それに触発されたのが第1王子の反対派の連中。
更に問題を大きくして第1王子の派閥と見られる俺を追い落としたついでに、第1王子にも謀反の気配が有ると言って処断させようとしていたとのこと。
正直こんなの何の証拠も無いし、もし仮に俺が謀反を起こした所で何の問題もなく、俺が処刑されて終わるようなものなのだが、こういった場合事実は必要ではなく、他人にそれを知らせることだけが目的なので本当にたちが悪いのだ。
何も知らない人間にそっと一滴ずつ毒を盛っていくようなもので、気付いたら毒を盛られた人は俺を嫌っていたりする。
結局中立派としてはこの問題で派閥にヒビが入っても困るし、折角根回しの済んだ問題が振り出しに戻っても困る。
だから今回は俺を卒業しましたとして追放し、今回の件に中立派は関与してませんって態度を取ったわけだ。
俺がこれらの動きを知ったのは強制的に卒業させられて、マーブル先生に報告と相談に訪れた時だった。
マーブル先生に言わせると、
「ティちゃんは優秀な子なのに、そういった凡人の考えに気が付かないで、小石につまずく事が良くあるわね」
だそうだ。
優秀かはまた別の話としても、確かに人の足を引っ張ることしか考えないような、小物に気づかなかったのは間違いなく俺のミスなんだろう。

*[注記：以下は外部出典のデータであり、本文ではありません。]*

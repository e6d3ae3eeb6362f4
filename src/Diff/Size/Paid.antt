-- ===== src/Diff/Size/Paid.antt =====
-- What the output of src/diff.rs has accounted for: 26 bytes at most for each copy, and the data.
use fast_rsync.Base.{
  ℕ, ◌+◌, ◌*◌, ◌≤◌, ◌≡◌, refl, arith, Bytes, length, slice, Bool-cases, Option, none, some,
  Option-cases, inl, inr, ltb, ◌==◌, ◌&&◌, ok, bind-ok,
}
use fast_rsync.Base.Slices.{length-slice}
use fast_rsync.Delta.Vec.{vec_write}
use fast_rsync.Diff.Command.{write, insert_command, copy_command}
use fast_rsync.Diff.Output.{OutputState, emit_queued, emit_literal, emit, queue_copy, copy}
use fast_rsync.Patch.Prefix.{ok-injective}
use fast_rsync.Diff.Size.Commands.{length-write, length-insert_command, length-copy_command}

abbrev pub length_of_queued : Option (ℕ × ℕ) → ℕ
length_of_queued none = 0
length_of_queued (some (offset, len)) = len

-- The bytes of the command that a queued copy may still take.
abbrev pub cost_of_queued : Option (ℕ × ℕ) → ℕ
cost_of_queued none = 0
cost_of_queued (some queued) = 17

-- A vector of `len` bytes, in a state of the output: past the magic number and the data that it
-- covers, it has spent 26 bytes at most on each of `copies` copies, which cover a block each.
pub record Accounted (block_size emitted : ℕ) (queued : Option (ℕ × ℕ)) (len : ℕ) : Type 0 where
  pub copies : ℕ
  pub spent : len + cost_of_queued queued ≤ 4 + emitted + 26 * copies
  pub covered : block_size * copies ≤ emitted + length_of_queued queued

-- What `emit` leaves, when it has covered the data up to `until`.
pub record Emitted (block_size until : ℕ) (r : OutputState × Bytes) : Type 0 where
  pub copies : ℕ
  pub at_until : r.0.emitted ≡ until
  pub spent : length r.1 ≤ 13 + until + 26 * copies
  pub covered : block_size * copies ≤ until

emit_literal-Emitted :
    (block_size copies until : ℕ) (s : OutputState) (input w : Bytes) (r : OutputState × Bytes)
    → s.emitted ≤ until
    → length w ≤ 4 + s.emitted + 26 * copies
    → block_size * copies ≤ until
    → emit_literal {E = ⊥} s until input w ≡ ok r
    → Emitted block_size until r
unfolding emit_literal
emit_literal-Emitted block_size copies until s input w r lo spent covered e =
    elim (Bool-cases (ltb s.emitted until)) [
      | inr f ↦
          let same = ok-injective _ _ (rw f at e) in
          rw (← same) (record {
            copies = copies;
            at_until = ground arith;
            spent = omega arith;
            covered = covered;
          })
      | inl t ↦ elim (Option-cases (slice input s.emitted until)) [
        | inl out ↦ let e' = rw (t, out) at e in cc
        | inr (part, inside) ↦
            let (w1, e1, first) =
              bind-ok r _ (insert_command (length part) w) (rw (t, inside) at e) in
            let (w2, e2, second) = bind-ok r _ (write part w1) e1 in
            let same = ok-injective _ _ e2 in
            rw (← same) (record {
              copies = copies;
              at_until = refl;
              spent = omega (
                arith,
                length-insert_command (length part) w w1 first,
                length-write part w1 w2 second,
                (length-slice input part s.emitted until inside).0,
              );
              covered = covered;
            })
      ]
    ]

emit_queued-covers :
    (emitted : ℕ) (queued : Option (ℕ × ℕ)) (w : Bytes) (r : OutputState × Bytes)
    → emit_queued {E = ⊥} (record { emitted = emitted; queued_copy = queued }) w ≡ ok r
    → (r.0.emitted ≡ emitted + length_of_queued queued)
      × (length r.1 ≤ length w + cost_of_queued queued)
unfolding emit_queued
emit_queued-covers emitted none w r e =
    let same = ok-injective _ _ e in rw (← same) (omega arith, omega arith)
emit_queued-covers emitted (some (offset, len)) w r e =
    let (w1, e1, first) = bind-ok r _ (copy_command offset len w) e in
    let same = ok-injective _ _ e1 in rw (← same) (refl, length-copy_command offset len w w1 first)

pub emit-Emitted :
    (block_size emitted : ℕ) (queued : Option (ℕ × ℕ)) (until : ℕ) (input w : Bytes)
    (r : OutputState × Bytes)
    → Accounted block_size emitted queued (length w)
    → emitted + length_of_queued queued ≤ until
    → emit {E = ⊥} (record { emitted = emitted; queued_copy = queued }) until input w ≡ ok r
    → Emitted block_size until r
unfolding emit
emit-Emitted block_size emitted queued until input w r a lo e =
    elim (Bool-cases (emitted == until)) [
      | inl t ↦
          let same = ok-injective _ _ (rw t at e) in
          let reached : emitted ≡ until = ground arith in
          rw (← same) (record {
            copies = a.copies;
            at_until = reached;
            spent = omega (arith, a.spent);
            covered = omega (arith, a.covered);
          })
      | inr f ↦
          let (c, e1, first) = bind-ok r _ (emit_queued _ w) (rw f at e) in
          let (past, paid) = emit_queued-covers emitted queued w c first in
          emit_literal-Emitted block_size a.copies until c.0 input c.1 r (omega arith)
            (omega (arith, a.spent)) (omega (arith, a.covered)) e1
    ]

-- A position of the scan, with what the output has accounted for: the copies lie in the data.
pub record IsPaid (block_size : ℕ) (input : Bytes) (here emitted : ℕ) (queued : Option (ℕ × ℕ))
    (len : ℕ) : Type 0 where
  pub account : Accounted block_size emitted queued len
  pub behind : emitted + length_of_queued queued ≤ here
  pub inside : emitted + length_of_queued queued ≤ length input

abbrev IsPaidAt : ℕ → Bytes → ℕ → OutputState × Bytes → Type 0
IsPaidAt block_size input here r =
    IsPaid block_size input here r.0.emitted r.0.queued_copy (length r.1)

queue_copy-IsPaid :
    (emitted : ℕ) (queued : Option (ℕ × ℕ)) (offset block_size here : ℕ) (input w : Bytes)
    (r : OutputState × Bytes)
    → IsPaid block_size input here emitted queued (length w)
    → here + block_size ≤ length input
    → queue_copy {E = ⊥}
        (record { emitted = emitted; queued_copy = queued })
        offset
        block_size
        here
        input
        w
      ≡ ok r
    → IsPaidAt block_size input (here + block_size) r
unfolding queue_copy
queue_copy-IsPaid emitted queued offset block_size here input w r p fits e =
    let (c, e1, first) = bind-ok r _ (emit _ here input w) e in
    let same = ok-injective _ _ e1 in
    let m = emit-Emitted block_size emitted queued here input w c p.account p.behind first in
    let one_more : block_size * (m.copies + 1) ≡ block_size * m.copies + block_size = omega arith in
    rw (← same) (record {
      account = record {
        copies = m.copies + 1;
        spent = omega (arith, m.spent, m.at_until);
        covered = omega (arith, m.covered, m.at_until, one_more);
      };
      behind = omega (arith, m.at_until);
      inside = omega (arith, m.at_until);
    })

pub copy-IsPaid :
    (emitted : ℕ) (queued : Option (ℕ × ℕ)) (offset block_size here : ℕ) (input w : Bytes)
    (r : OutputState × Bytes)
    → IsPaid block_size input here emitted queued (length w)
    → here + block_size ≤ length input
    → copy {E = ⊥}
        (record { emitted = emitted; queued_copy = queued })
        offset
        block_size
        here
        input
        w
      ≡ ok r
    → IsPaidAt block_size input (here + block_size) r
unfolding copy
copy-IsPaid emitted none offset block_size here input w r p fits e =
    queue_copy-IsPaid emitted none offset block_size here input w r p fits e
copy-IsPaid emitted (some (o, l)) offset block_size here input w r p fits e =
    elim (Bool-cases (emitted + l == here && o + l == offset)) [
      | inr f ↦
          queue_copy-IsPaid emitted (some (o, l)) offset block_size here input w r p fits
            (rw f at e)
      | inl t ↦
          let same = ok-injective _ _ (rw t at e) in
          let at_here : emitted + l ≡ here = ground arith in
          rw (← same) (record {
            account = record {
              copies = p.account.copies;
              spent = p.account.spent;
              covered = omega (arith, p.account.covered);
            };
            behind = omega arith;
            inside = omega arith;
          })
    ]
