-- ===== src/Diff/Size.antt =====
-- How long the delta is that `diff` of src/diff.rs writes into a vector.
pub mod Commands
pub mod Paid
use fast_rsync.Base.{
  ℕ, suc, ◌+◌, ◌*◌, ◌/◌, ◌≤◌, ◌≡◌, refl, ap, arith, [], ◌∷◌, ◌++◌, Bytes, length, length-append,
  length-take, length-drop, slice, take, drop, Bool-cases, Option, none, some, Option-cases, inl,
  inr, leb, ltb, ◌==◌, ◌&&◌, Outcome, ok, err, bind-ok, ◌^◌, ◌-◌,
}
use fast_rsync.Base.Words.{to_be_bytes, length-to_be_bytes}
use native.Mathlib.Nat.{le-div_iff_mul-le}
use fast_rsync.Base.Slices.{length-slice}
use fast_rsync.Delta.Vec.{vec_write}
use fast_rsync.Diff.Command.{
  write, insert_bytes, insert_command, varint_bytes, write_varint, size_class_marker, copy_command,
}
use fast_rsync.Diff.Output.{OutputState, emit_queued, emit_literal, emit, queue_copy, copy}
use fast_rsync.Consts.{delta_magic, rs_op_end}
use fast_rsync.Diff.{
  Scan, io, invalid_signature, find_match, diff_loop, diff_rounds, diff_fuel, diff, allowed,
}
use fast_rsync.Diff.Returns.{from_io-written, map_err-ok, diff-diff_rounds}
use fast_rsync.Diff.Steps.{ScanStep, matched, missed, Reaches-keeps, diff_loop-Reaches}
use fast_rsync.Md4.{md4_size}
use fast_rsync.Signature.{SignatureType}
use fast_rsync.Signature.Index.{IndexedSignature}
use fast_rsync.Crc.{Crc}
use fast_rsync.Crc
use fast_rsync.Diff.{Collisions}
use fast_rsync.Base.{ok_or_panic}
use fast_rsync.Base.Keys.{get}
use fast_rsync.Signature.Index.{crc_eq}
use fast_rsync.Patch.Prefix.{ok-injective}
use Paid.{length_of_queued, cost_of_queued, Accounted, Emitted, IsPaid, emit-Emitted, copy-IsPaid}

-- A block is found in a window that lies in the data.
find_match-inside :
    (sig : IndexedSignature) (input : Bytes) (here : ℕ) (crc : Crc)
    (collisions collisions' : Collisions) (idx : ℕ)
    → find_match {E = ⊥} sig input here crc collisions ≡ ok (collisions', some idx)
    → here + sig.block_size ≤ length input
unfolding find_match
find_match-inside sig input here crc collisions collisions' idx e =
    elim (Bool-cases (allowed crc collisions)) [
      | inr f ↦ let e' = rw f at e in cc
      | inl t ↦ elim (Option-cases (get crc sig.blocks)) [
        | inl out ↦ let e' = rw (t, out) at e in cc
        | inr (blocks, hit) ↦ elim (Option-cases (slice input here (here + sig.block_size))) [
          | inl out ↦ let e' = rw (t, hit, out) at e in cc
          | inr (part, inside) ↦ (length-slice input part here (here + sig.block_size) inside).1
        ]
      ]
    ]

abbrev IsPaidScan : IndexedSignature → Bytes → Scan Bytes → Type 0
IsPaidScan sig input s =
    IsPaid sig.block_size input s.here s.state.emitted s.state.queued_copy (length s.out)

step-IsPaid :
    (sig : IndexedSignature) (input : Bytes) (s s' : Scan Bytes)
    → IsPaidScan sig input s
    → ScanStep ⊥ sig input s s'
    → IsPaidScan sig input s'
step-IsPaid sig input s _ p (matched _ crc idx collisions state out found copied) =
    copy-IsPaid s.state.emitted s.state.queued_copy (idx * sig.block_size) sig.block_size s.here
      input s.out (state, out) p
      (find_match-inside sig input s.here crc s.collisions collisions idx found) copied
step-IsPaid sig input s _ p (missed _ crc collisions found) = record {
  account = p.account;
  behind = omega (arith, p.behind);
  inside = p.inside;
}

diff_rounds-length :
    (fuel : ℕ) (sig : IndexedSignature) (input delta : Bytes)
    → 1 ≤ sig.block_size
    → diff_rounds {E = ⊥} fuel sig input [] ≡ ok delta
    → length delta ≤ 14 + length input + 26 * (length input / sig.block_size)
unfolding diff_rounds
diff_rounds-length fuel sig input delta lo e =
    let e0 = map_err-ok io _ delta e in
    let start : Bytes = to_be_bytes 4 delta_magic in
    let (s, e1, scanned) = bind-ok delta _ (diff_loop {E = ⊥} fuel sig input _) e0 in
    let paid =
      Reaches-keeps sig input (IsPaidScan sig input) (step-IsPaid sig input) _ s
        (record {
          account = record {
            copies = 0;
            spent = omega (arith, length-to_be_bytes 4 delta_magic);
            covered = omega arith;
          };
          behind = omega arith;
          inside = omega arith;
        })
        (diff_loop-Reaches sig input fuel _ s scanned) in
    let (c, e2, last) = bind-ok delta _ (emit s.state (length input) input s.out) e1 in
    let m =
      emit-Emitted sig.block_size s.state.emitted s.state.queued_copy (length input) input s.out c
        paid.account paid.inside last in
    let same : c.1 ++ (rs_op_end ∷ []) ≡ delta = ok-injective _ _ e2 in
    let few : m.copies ≤ length input / sig.block_size =
      (le-div_iff_mul-le (omega arith)).1 (omega (arith, m.covered)) in
    rw (← same) (omega (arith, length-append c.1 (rs_op_end ∷ []), m.spent))

-- What `diff` writes into an empty vector, on a signature whose blocks hold a byte at least, is at most
-- 14 bytes longer than the data, and 26 bytes more for each block that fits into the data.
pub length-diff :
    (sig : IndexedSignature) (input delta : Bytes)
    → 1 ≤ sig.block_size
    → diff {E = ⊥} sig input [] ≡ ok delta
    → length delta ≤ 14 + length input + 26 * (length input / sig.block_size)
length-diff sig input delta lo e =
    diff_rounds-length (suc (length input)) sig input delta lo
      (diff-diff_rounds sig input [] delta e)
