-- ===== src/Diff/Stall.antt =====
-- The scan of src/diff.rs on a signature of empty blocks.
use fast_rsync.Base.{
  ℕ, zero, suc, ◌*◌, ◌≤◌, ◌≡◌, refl, arith, [], ◌++◌, Bytes, length, take, ltb, leb, true, false,
  ◌-◌, slice, slice_in, ok, stuck, none, some, Option,
}
use fast_rsync.Base.Keys.{get, bytes_eq}
use fast_rsync.Base.Words.{to_be_bytes}
use fast_rsync.Consts.{delta_magic}
use fast_rsync.Crc.{Crc, update}
use fast_rsync.Crc
use fast_rsync.Delta.Vec.{vec_write}
use fast_rsync.Diff.Digests.{match_digest_lem}
use fast_rsync.Diff.{Scan, allowed, find_match, match_loop, diff_loop, diff_rounds, diff_fuel}
use fast_rsync.Diff.Output.{emit, copy, queue_copy}
use fast_rsync.Md4.{md4}
use fast_rsync.SecondLayerMap.{SecondLayerMap}
use fast_rsync.SecondLayerMap
use fast_rsync.Signature.{SignatureType}
use fast_rsync.Signature.Index.{IndexedSignature, BlockIndex, crc_eq}

-- An MD4 signature of blocks of no bytes.
abbrev pub zero_sized : ℕ → BlockIndex → IndexedSignature
zero_sized crypto_hash_size blocks = record {
  signature_type = SignatureType.md4;
  block_size = 0;
  crypto_hash_size = crypto_hash_size;
  blocks = blocks;
}

module _ (crypto_hash_size : ℕ) (blocks : BlockIndex) (input : Bytes) (m : SecondLayerMap Bytes ℕ)
    (idx : ℕ) (there : get (update Crc.empty []) blocks ≡ some m)
    (hit : SecondLayerMap.get (take crypto_hash_size (md4 [])) m ≡ some idx)
    (short : crypto_hash_size ≤ 16) where
  abbrev sig : IndexedSignature
  sig = zero_sized crypto_hash_size blocks

  abbrev at_start : Option (ℕ × ℕ) → Bytes → Scan Bytes
  at_start queued out = record {
    here = 0;
    collisions = [];
    state = record { emitted = 0; queued_copy = queued };
    out = out;
  }

  found : find_match {E = ⊥} sig input 0 (update Crc.empty []) [] ≡ ok ([], some idx)
  unfolding find_match allowed get
  found =
      let whole : slice input 0 0 ≡ some [] = slice_in input 0 0 (omega arith) (omega arith) in
      rw (there, whole, match_digest_lem sig (update Crc.empty []) [] m [] (some idx) short hit)

  queued_again :
      (out : Bytes)
      → match_loop {E = ⊥}
          (suc (length input))
          sig
          input
          (update Crc.empty [])
          (at_start (some (0, 0)) out)
        ≡ ok (at_start (some (0, 0)) out)
  unfolding match_loop copy
  queued_again out = let z : idx * 0 ≡ 0 = omega arith in rw (found, z)

  queued_first :
      (out : Bytes)
      → match_loop {E = ⊥} (suc (length input)) sig input (update Crc.empty []) (at_start none out)
        ≡ ok (at_start (some (0, 0)) out)
  unfolding match_loop copy queue_copy emit
  queued_first out = let z : idx * 0 ≡ 0 = omega arith in rw (found, z)

  in_data : ltb (length input) 0 ≡ false
  in_data = ground arith

  no_window : (slice input 0 0 ≡ some []) × (leb 0 (length input - 0) ≡ true)
  no_window = (slice_in input 0 0 (omega arith) (omega arith), ground arith)

  loop_again :
      (fuel : ℕ) (out : Bytes)
      → diff_loop {E = ⊥} fuel sig input (at_start (some (0, 0)) out) ≡ stuck
  unfolding diff_loop
  loop_again zero out = refl
  loop_again (suc fuel) out =
      let z : length input - 0 ≡ length input = omega arith in
      rw (in_data, no_window.1, no_window.0, z, queued_again out) (loop_again fuel out)

  loop_first :
      (fuel : ℕ) (out : Bytes) → diff_loop {E = ⊥} fuel sig input (at_start none out) ≡ stuck
  unfolding diff_loop
  loop_first zero out = refl
  loop_first (suc fuel) out =
      let z : length input - 0 ≡ length input = omega arith in
      rw (in_data, no_window.1, no_window.0, z, queued_first out) (loop_again fuel out)

  -- On an MD4 signature of blocks of no bytes whose index names the empty block, and that keeps 16
  -- bytes of a digest at most, `diff` into a vector does not end, whatever the data: no number of
  -- rounds of its outer loop is enough.
  pub diff_fuel-stuck : (fuel : ℕ) (out : Bytes) → diff_fuel {E = ⊥} fuel sig input out ≡ stuck
  unfolding diff_fuel diff_rounds
  diff_fuel-stuck fuel out =
      let in_range : ltb 16 crypto_hash_size ≡ false = ground arith in
      rw (in_range, loop_first fuel (out ++ to_be_bytes 4 delta_magic))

ただこれって正直俺が気をつけてどうにかなる問題でもないような?
あーまぁ確かにどうせ足を引っ張る奴らが居るのはわかっているのだから、もっと激しく目立って侯爵家や公爵家それに、第1王子や第1王女ともっと親しくしていれば、こんな小石で転ぶこともなく逆に踏み潰していたのかもしれない。
根本的な考えに平和だとか気楽にだとかが有るから、いまいちはっきりとした動きができない、まさに中途半端な動きしかしなかったのが問題だったのか。
まぁ既に起きてしまったことは仕方ないので、今後に活かそうと切り替えて生活してきた。
ちなみに今の状況としては、半ば追放されたような形で教養学部2を卒業した俺に、まともな貴族からのお誘いは一切なく、完全に名前だけの貴族となってしまったのだった。
今は取り敢えずナメクジ荷馬車の中継地点で事務所を兼ねている屋敷に引きこもり、錬金術でポーションの類を作って生活している。
もう少ししたら適当な街に錬金術師として引っ越し、そこで生活するつもりだったりする。
なんか夢のスローライフみたいな感じで結構楽しいのだが、グロスからは一緒に荷馬車の仕事をと誘われたり、レレとハンナからはサロンに誘われたり、地味に断るのが大変だったりするのだが、実はこの錬金術師というのは隠れ蓑なので、意外に大変だったりもするのだ。
まぁその辺は秘密の話なのであんまり言えないのだが、簡単に言ってしまえばとある派閥の密偵みたいなのも兼ねていたりする。
とあるって言ってもお隣だったりするのだが、まぁそれは引っ越してからのお楽しみだ。